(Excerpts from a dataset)
------------------------------------------------------------
-- ===== src/U17/Emulator/Startup.antt =====
-- The startup check against the image format: which path it takes, and that a built image never
-- reaches "Checksum Failed".
use sc_adat_appliance.Base.{
  ℕ, suc, ◌-◌, ◌+◌, ◌≤◌, ◌<◌, ◌≡◌, ◌∙◌, refl, ◌&&◌, List, [], ◌∷◌, some, arith, length, get_elem?,
  take, drop, replicate, slice, get_elem?-drop, All-get_elem?, All-append, All-take, All-drop,
  All-replicate, All-splice, splice, ◌==◌, if◌then◌else◌,
}
use sc_adat_appliance.Base.Bytes.{same, same_refl, AllBytes, IsByte, from_big, to_big}
use sc_adat_appliance.Base.Result.{ok}
use sc_adat_appliance.U17.Image.{signature, checksum, stored, build, filled}
use sc_adat_appliance.U17.Image.Build.{
  built, length-built, stored-built, signature-built, build-eq-ok, checksum-lt,
}
use sc_adat_appliance.U17.Emulator.{
  Checksum, Report, FinalPath, marker_wait, checksum_failed, checksum_good, checksum_037c, report,
  startup_validation,
}
use sc_adat_appliance.U17.Emulator.Loop.{xdata_read_lem, checksum_037c-eq-checksum}

-- The path by the image format: markers first, then the stored against the computed checksum.
abbrev pub expected_path : List ℕ → FinalPath
expected_path image =
    if stored image == 0xAA55 && same (slice 0x7DFC 0x7DFE image) signature
    then marker_wait
    else if stored image == checksum image
    then checksum_good
    else checksum_failed

-- Two neighbouring bytes as elements and as a slice.
pub record Pair (image : List ℕ) (i j : ℕ) : Type 0 where
  pub hi : ℕ
  pub lo : ℕ
  pub hi_byte : hi < 256
  pub lo_byte : lo < 256
  pub hi_at : get_elem? image i ≡ some hi
  pub lo_at : get_elem? image (suc i) ≡ some lo
  pub both : slice i j image ≡ hi ∷ lo ∷ []

module _ (image : List ℕ) (len : length image ≡ 0x8000) (bytes : AllBytes image) where
  pub Pair-at : (i j : ℕ) → suc i < 0x8000 → i + 2 ≡ j → Pair image i j
  unfolding slice take
  Pair-at i j h e =
      let (a, at, rest) = get_elem?-drop i image (omega arith) in
      let (b, bt, more) = get_elem?-drop (suc i) image (omega arith) in
      let two : j - i ≡ 2 = omega arith in
      record {
        hi = a;
        lo = b;
        hi_byte = All-get_elem? IsByte i image a bytes at;
        lo_byte = All-get_elem? IsByte (suc i) image b bytes bt;
        hi_at = at;
        lo_at = bt;
        both = rw (two, rest, more) refl;
      }

  -- The report in terms of the pairs that it reads.
  startup-eq-report :
      (p : Pair image 0x7DFE 0x7E00) (q : Pair image 0x7DFC 0x7DFE) (c : Checksum)
      → checksum_037c image ≡ ok c
      → startup_validation image ≡ ok (report p.hi p.lo q.hi q.lo c)
  unfolding startup_validation
  startup-eq-report p q c e =
      rw
        (
          len,
          xdata_read_lem image 0xFDFE 0x7DFE p.hi (omega arith) (omega arith) p.hi_at,
          xdata_read_lem image 0xFDFF 0x7DFF p.lo (omega arith) (omega arith) p.lo_at,
          xdata_read_lem image 0xFDFC 0x7DFC q.hi (omega arith) (omega arith) q.hi_at,
          xdata_read_lem image 0xFDFD 0x7DFD q.lo (omega arith) (omega arith) q.lo_at,
          e,
        )
        refl

  report-path :
      (p : Pair image 0x7DFE 0x7E00) (q : Pair image 0x7DFC 0x7DFE) (c : Checksum)
      → c.complement ≡ checksum image
      → (report p.hi p.lo q.hi q.lo c).final_path ≡ expected_path image
  unfolding report stored from_big same
  report-path p q c e =
      rw (p.both, q.both, ← e) (ground (arith, p.hi_byte, p.lo_byte, e, checksum-lt image))

-- On an image of 0x8000 bytes the startup check returns a report. It waits on both markers, is
-- good on a matching stored checksum otherwise, and fails in the remaining case only.
pub startup-final_path :
    (image : List ℕ)
    → length image ≡ 0x8000
    → AllBytes image
    → (r : Report) × (startup_validation image ≡ ok r) × (r.final_path ≡ expected_path image)
startup-final_path image len bytes =
    let (c, runs, eq, _) = checksum_037c-eq-checksum image len bytes in
    let p = Pair-at image len bytes 0x7DFE 0x7E00 (omega arith) refl in
    let q = Pair-at image len bytes 0x7DFC 0x7DFE (omega arith) refl in
    (
      report p.hi p.lo q.hi q.lo c,
      startup-eq-report image len bytes p q c runs,
      report-path image len bytes p q c eq,
    )

module _ (payload template : List ℕ) (short : length payload ≤ 0x7DFC)
    (whole : length template ≡ 0x8000) (data_bytes : AllBytes payload)
    (tail_bytes : AllBytes template) where
  AllBytes-filled : AllBytes (filled payload)
  unfolding filled
  AllBytes-filled =
      All-splice IsByte 0x7DFC signature (splice 0 payload (replicate 0x8000 0)) (omega arith) (
        All-splice IsByte 0 payload (replicate 0x8000 0) data_bytes
          (All-replicate IsByte 0x8000 0 (omega arith)))

  AllBytes-to_big : (n : ℕ) → AllBytes (to_big 2 n)
  unfolding to_big
  AllBytes-to_big n = omega arith

  AllBytes-built : AllBytes (built payload template short whole)
  AllBytes-built =
      let field = to_big 2 (checksum (filled payload)) in
      let summed = splice 0x7DFE field (filled payload) in
      All-append IsByte (take 0x7E00 summed) (drop 0x7E00 template)
        (All-take IsByte 0x7E00 summed (
          All-splice IsByte 0x7DFE field (filled payload)
            (AllBytes-to_big (checksum (filled payload))) AllBytes-filled))
        (All-drop IsByte 0x7E00 template tail_bytes)

  path-built :
      let image = built payload template short whole in
      expected_path image ≡ (if checksum image == 0xAA55 then marker_wait else checksum_good)
  path-built =
      rw (signature-built payload template short whole, stored-built payload template short whole)
        (ground (arith, same_refl signature))

-- The startup check on an image that `build` made of bytes: it waits on the markers if the
-- checksum happens to be 0xAA55, and is good otherwise. It never fails.
pub startup-build :
    (payload template : List ℕ)
    → length payload ≤ 0x7DFC
    → length template ≡ 0x8000
    → AllBytes payload
    → AllBytes template
    → (image : List ℕ) × (r : Report) × (build payload template ≡ ok image)
      × (startup_validation image ≡ ok r)
      × (r.final_path ≡ (if checksum image == 0xAA55 then marker_wait else checksum_good))
startup-build payload template short whole pb tb =
    let image = built payload template short whole in
    let (r, runs, path) =
      startup-final_path image (length-built payload template short whole)
        (AllBytes-built payload template short whole pb tb) in
    (
      image,
      r,
      build-eq-ok payload template short whole,
      runs,
      path ∙ path-built payload template short whole pb tb,
    )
------------------------------------------------------------
◆ WHAT YOU SHOULD DO ◆
Copy all of the data exactly.

◆ RESPONSE TO THIS TASK ◆
-- ===== src/U17/Emulator/Startup.antt =====
-- The startup check against the image format: which path it takes, and that a built image never
-- reaches "Checksum Failed".
use sc_adat_appliance.Base.{
  ℕ, suc, ◌-◌, ◌+◌, ◌≤◌, ◌<◌, ◌≡◌, ◌∙◌, refl, ◌&&◌, List, [], ◌∷◌, some, arith, length, get_elem?,
  take, drop, replicate, slice, get_elem?-drop, All-get_elem?, All-append, All-take, All-drop,
  All-replicate, All-splice, splice, ◌==◌, if◌then◌else◌,
}
use sc_adat_appliance.Base.Bytes.{same, same_refl, AllBytes, IsByte, from_big, to_big}
use sc_adat_appliance.Base.Result.{ok}
use sc_adat_appliance.U17.Image.{signature, checksum, stored, build, filled}
use sc_adat_appliance.U17.Image.Build.{
  built, length-built, stored-built, signature-built, build-eq-ok, checksum-lt,
}
use sc_adat_appliance.U17.Emulator.{
  Checksum, Report, FinalPath, marker_wait, checksum_failed, checksum_good, checksum_037c, report,
  startup_validation,
}
use sc_adat_appliance.U17.Emulator.Loop.{xdata_read_lem, checksum_037c-eq-checksum}

-- The path by the image format: markers first, then the stored against the computed checksum.
abbrev pub expected_path : List ℕ → FinalPath
expected_path image =
    if stored image == 0xAA55 && same (slice 0x7DFC 0x7DFE image) signature
    then marker_wait
    else if stored image == checksum image
    then checksum_good
    else checksum_failed

-- Two neighbouring bytes as elements and as a slice.
pub record Pair (image : List ℕ) (i j : ℕ) : Type 0 where
  pub hi : ℕ
  pub lo : ℕ
  pub hi_byte : hi < 256
  pub lo_byte : lo < 256
  pub hi_at : get_elem? image i ≡ some hi
  pub lo_at : get_elem? image (suc i) ≡ some lo
  pub both : slice i j image ≡ hi ∷ lo ∷ []

module _ (image : List ℕ) (len : length image ≡ 0x8000) (bytes : AllBytes image) where
  pub Pair-at : (i j : ℕ) → suc i < 0x8000 → i + 2 ≡ j → Pair image i j
  unfolding slice take
  Pair-at i j h e =
      let (a, at, rest) = get_elem?-drop i image (omega arith) in
      let (b, bt, more) = get_elem?-drop (suc i) image (omega arith) in
      let two : j - i ≡ 2 = omega arith in
      record {
        hi = a;
        lo = b;
        hi_byte = All-get_elem? IsByte i image a bytes at;
        lo_byte = All-get_elem? IsByte (suc i) image b bytes bt;
        hi_at = at;
        lo_at = bt;
        both = rw (two, rest, more) refl;
      }

  -- The report in terms of the pairs that it reads.
  startup-eq-report :
      (p : Pair image 0x7DFE 0x7E00) (q : Pair image 0x7DFC 0x7DFE) (c : Checksum)
      → checksum_037c image ≡ ok c
      → startup_validation image ≡ ok (report p.hi p.lo q.hi q.lo c)
  unfolding startup_validation
  startup-eq-report p q c e =
      rw
        (
          len,
          xdata_read_lem image 0xFDFE 0x7DFE p.hi (omega arith) (omega arith) p.hi_at,
          xdata_read_lem image 0xFDFF 0x7DFF p.lo (omega arith) (omega arith) p.lo_at,
          xdata_read_lem image 0xFDFC 0x7DFC q.hi (omega arith) (omega arith) q.hi_at,
          xdata_read_lem image 0xFDFD 0x7DFD q.lo (omega arith) (omega arith) q.lo_at,
          e,
        )
        refl

  report-path :
      (p : Pair image 0x7DFE 0x7E00) (q : Pair image 0x7DFC 0x7DFE) (c : Checksum)
      → c.complement ≡ checksum image
      → (report p.hi p.lo q.hi q.lo c).final_path ≡ expected_path image
  unfolding report stored from_big same
  report-path p q c e =
      rw (p.both, q.both, ← e) (ground (arith, p.hi_byte, p.lo_byte, e, checksum-lt image))

-- On an image of 0x8000 bytes the startup check returns a report. It waits on both markers, is
-- good on a matching stored checksum otherwise, and fails in the remaining case only.
pub startup-final_path :
    (image : List ℕ)
    → length image ≡ 0x8000
    → AllBytes image
    → (r : Report) × (startup_validation image ≡ ok r) × (r.final_path ≡ expected_path image)
startup-final_path image len bytes =
    let (c, runs, eq, _) = checksum_037c-eq-checksum image len bytes in
    let p = Pair-at image len bytes 0x7DFE 0x7E00 (omega arith) refl in
    let q = Pair-at image len bytes 0x7DFC 0x7DFE (omega arith) refl in
    (
      report p.hi p.lo q.hi q.lo c,
      startup-eq-report image len bytes p q c runs,
      report-path image len bytes p q c eq,
    )

module _ (payload template : List ℕ) (short : length payload ≤ 0x7DFC)
    (whole : length template ≡ 0x8000) (data_bytes : AllBytes payload)
    (tail_bytes : AllBytes template) where
  AllBytes-filled : AllBytes (filled payload)
  unfolding filled
  AllBytes-filled =
      All-splice IsByte 0x7DFC signature (splice 0 payload (replicate 0x8000 0)) (omega arith) (
        All-splice IsByte 0 payload (replicate 0x8000 0) data_bytes
          (All-replicate IsByte 0x8000 0 (omega arith)))

  AllBytes-to_big : (n : ℕ) → AllBytes (to_big 2 n)
  unfolding to_big
  AllBytes-to_big n = omega arith

  AllBytes-built : AllBytes (built payload template short whole)
  AllBytes-built =
      let field = to_big 2 (checksum (filled payload)) in
      let summed = splice 0x7DFE field (filled payload) in
      All-append IsByte (take 0x7E00 summed) (drop 0x7E00 template)
        (All-take IsByte 0x7E00 summed (
          All-splice IsByte 0x7DFE field (filled payload)
            (AllBytes-to_big (checksum (filled payload))) AllBytes-filled))
        (All-drop IsByte 0x7E00 template tail_bytes)

  path-built :
      let image = built payload template short whole in
      expected_path image ≡ (if checksum image == 0xAA55 then marker_wait else checksum_good)
  path-built =
      rw (signature-built payload template short whole, stored-built payload template short whole)
        (ground (arith, same_refl signature))

-- The startup check on an image that `build` made of bytes: it waits on the markers if the
-- checksum happens to be 0xAA55, and is good otherwise. It never fails.
pub startup-build :
    (payload template : List ℕ)
    → length payload ≤ 0x7DFC
    → length template ≡ 0x8000
    → AllBytes payload
    → AllBytes template
    → (image : List ℕ) × (r : Report) × (build payload template ≡ ok image)
      × (startup_validation image ≡ ok r)
      × (r.final_path ≡ (if checksum image == 0xAA55 then marker_wait else checksum_good))
startup-build payload template short whole pb tb =
    let image = built payload template short whole in
    let (r, runs, path) =
      startup-final_path image (length-built payload template short whole)
        (AllBytes-built payload template short whole pb tb) in
    (
      image,
      r,
      build-eq-ok payload template short whole,
      runs,
      path ∙ path-built payload template short whole pb tb,
    )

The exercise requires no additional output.